:: Provided material
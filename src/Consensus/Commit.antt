-- ===== src/Consensus/Commit.antt =====
-- consensus/consensus_state.go: entering the commit step, finalizing a commit, and the commit of a
-- block that a peer sent with its commit.
use go_minimal_pbft.Prelude.{Option, ℕ, not, ◌||◌, ◌&&◌, none, some, ltb, leb, ◌==◌, if◌then◌else◌}
use go_minimal_pbft.Prelude.Int.{ℤ, pos, negsuc}
use go_minimal_pbft.RoundStep
use go_minimal_pbft.Messages.{
  Hash, zero_hash, commit_without_majority, wrong_final_height, no_majority_for_commit,
  wrong_final_block, invalid_final_block, store_gap,
}
use go_minimal_pbft.ChainState.{ChainState}
use go_minimal_pbft.Interfaces.{Env}
use go_minimal_pbft.Consensus.Monad.{pure, ok, throw, defer, ◌>>=◌, ◌>>◌}
use go_minimal_pbft.Consensus.State.{
  Action, modify_rs, canonical_now, update_round_step, new_step, schedule_round0,
}
use go_minimal_pbft.Consensus.Signing.{update_priv_validator_pub_key}
use go_minimal_pbft.Consensus.Propose.{enter_new_round}
use go_minimal_pbft.Consensus.Update.{update_to_state}

module _ (e : Env) where
  -- Saves a block that the store does not have yet.
  unfoldable pub save_if_new : e.Block → e.Commit → Action e (Unit {0})
  save_if_new block commit s =
      if ltb (e.store_height s.block_store) (e.number block)
      then elim (e.save_block block commit s.block_store) [
        | none ↦ throw store_gap s
        | some st ↦ ok tt (record s { block_store = st })
      ]
      else ok tt s

  unfoldable pub apply_to : Action e (Unit {0}) → Option (ChainState e.lib) → Action e (Unit {0})
  apply_to next none = pure tt
  apply_to next (some state) = do update_to_state e state; update_priv_validator_pub_key e; next

  -- `ApplyBlock`, `updateToState`, the public key and what follows; an error of `ApplyBlock` returns.
  unfoldable pub apply_and : e.Block → Action e (Unit {0}) → Action e (Unit {0})
  unfolding apply_to
  apply_and block next s = apply_to next (e.apply s.chain_state block) s

  abbrev pub start_round0 : Action e (Unit {0})
  start_round0 s = schedule_round0 e s.rs s

  -- Below the guards of `finalizeCommit`.
  unfoldable pub commit_block : e.Block → Action e (Unit {0})
  unfolding save_if_new apply_and
  commit_block block s =
      (do
        save_if_new block (e.make_commit (e.precommits s.votes s.commit_round))
        apply_and block start_round0)
        s

  -- The proposal block, which has +2/3 of the precommits.
  unfoldable pub finalize_block : Option e.Block → Action e (Unit {0})
  unfolding commit_block
  finalize_block none s = throw wrong_final_block s
  finalize_block (some block) s =
      if e.validate s.chain_state block then commit_block block s else throw invalid_final_block s

  unfoldable pub finalize_commit : ℕ → Action e (Unit {0})
  unfolding finalize_block
  finalize_commit height s =
      if not (s.height == height) || not (s.step == RoundStep.commit)
      then ok tt s
      else elim (e.two_thirds_majority (e.precommits s.votes s.commit_round)) [
        | none ↦ throw no_majority_for_commit s
        | some block_id ↦
            if e.hash_to s.proposal_block block_id
            then finalize_block s.proposal_block s
            else throw wrong_final_block s
      ]

  unfoldable pub try_finalize_commit : ℕ → Action e (Unit {0})
  unfolding finalize_commit
  try_finalize_commit height s =
      if not (s.height == height)
      then throw wrong_final_height s
      else elim (e.two_thirds_majority (e.precommits s.votes s.commit_round)) [
        | none ↦ ok tt s
        | some block_id ↦
            if block_id == zero_hash || not (e.hash_to s.proposal_block block_id)
            then ok tt s
            else finalize_commit height s
      ]

  -- Where the commit is for the locked block, that becomes the proposal block; where the proposal
  -- block is another one, it is dropped.
  unfoldable pub choose_commit_block : Hash → Action e (Unit {0})
  choose_commit_block block_id s =
      let block = if e.hash_to s.locked_block block_id then s.locked_block else s.proposal_block in
      modify_rs e
        (λ r. record r { proposal_block = if e.hash_to block block_id then block else none }) s

  unfoldable pub do_commit : ℤ → Action e (Unit {0})
  unfolding choose_commit_block
  do_commit commit_round s = elim (e.two_thirds_majority (e.precommits s.votes commit_round)) [
    | none ↦ throw commit_without_majority s
    | some block_id ↦ choose_commit_block block_id s
  ]

  unfoldable pub mark_commit : ℤ → Action e (Unit {0})
  unfolding update_round_step canonical_now new_step
  mark_commit commit_round s =
      (do
        update_round_step e s.round RoundStep.commit
        now ← canonical_now e
        modify_rs e (λ r. record r { commit_round = commit_round; commit_time = now })
        new_step e)
        s

  unfoldable pub enter_commit : ℕ → ℤ → Action e (Unit {0})
  unfolding do_commit mark_commit
  enter_commit height commit_round s =
      if not (s.height == height) || leb RoundStep.commit s.step
      then ok tt s
      else defer (do_commit commit_round) (do mark_commit commit_round; try_finalize_commit height)
          s

  -- Where all have voted, the next round starts at once; otherwise after the commit timeout.
  unfoldable pub go_on : Action e (Unit {0})
  go_on s =
      if e.skip_timeout_commit && e.has_all s.last_commit
      then enter_new_round e s.height (pos 0) s
      else start_round0 s

  unfoldable pub mark_committed : e.Block → Action e (Unit {0})
  unfolding update_round_step canonical_now
  mark_committed block s =
      let vals = s.chain_state.validators in
      (do
        update_round_step e s.round RoundStep.commit
        now ← canonical_now e
        modify_rs e (λ r. record r {
          commit_round = negsuc 0;
          last_commit = e.commit_to_vote_set s.chain_state.chain_id (e.block_commit block) vals;
          commit_time = now;
        }))
        s

  -- `processCommitedBlock`.
  unfoldable pub process_committed_block : e.Block → Action e (Unit {0})
  unfolding mark_committed save_if_new apply_and go_on
  process_committed_block block s =
      if not (e.number block == s.height)
      then ok tt s
      else if not (e.validate s.chain_state block)
      then ok tt s
      else if not (
          e.verify_commit s.chain_state.validators s.chain_state.chain_id (e.hash block)
            (e.number block) (e.header_commit block))
      then ok tt s
      else (do
        mark_committed block
        save_if_new block (e.block_commit block)
        apply_and block go_on)
          s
::::
#### [Exercise objective]
From the records above, return each line that has the string "vals".

#### [Answer to this task]
      let vals = s.chain_state.validators in
          last_commit = e.commit_to_vote_set s.chain_state.chain_id (e.block_commit block) vals;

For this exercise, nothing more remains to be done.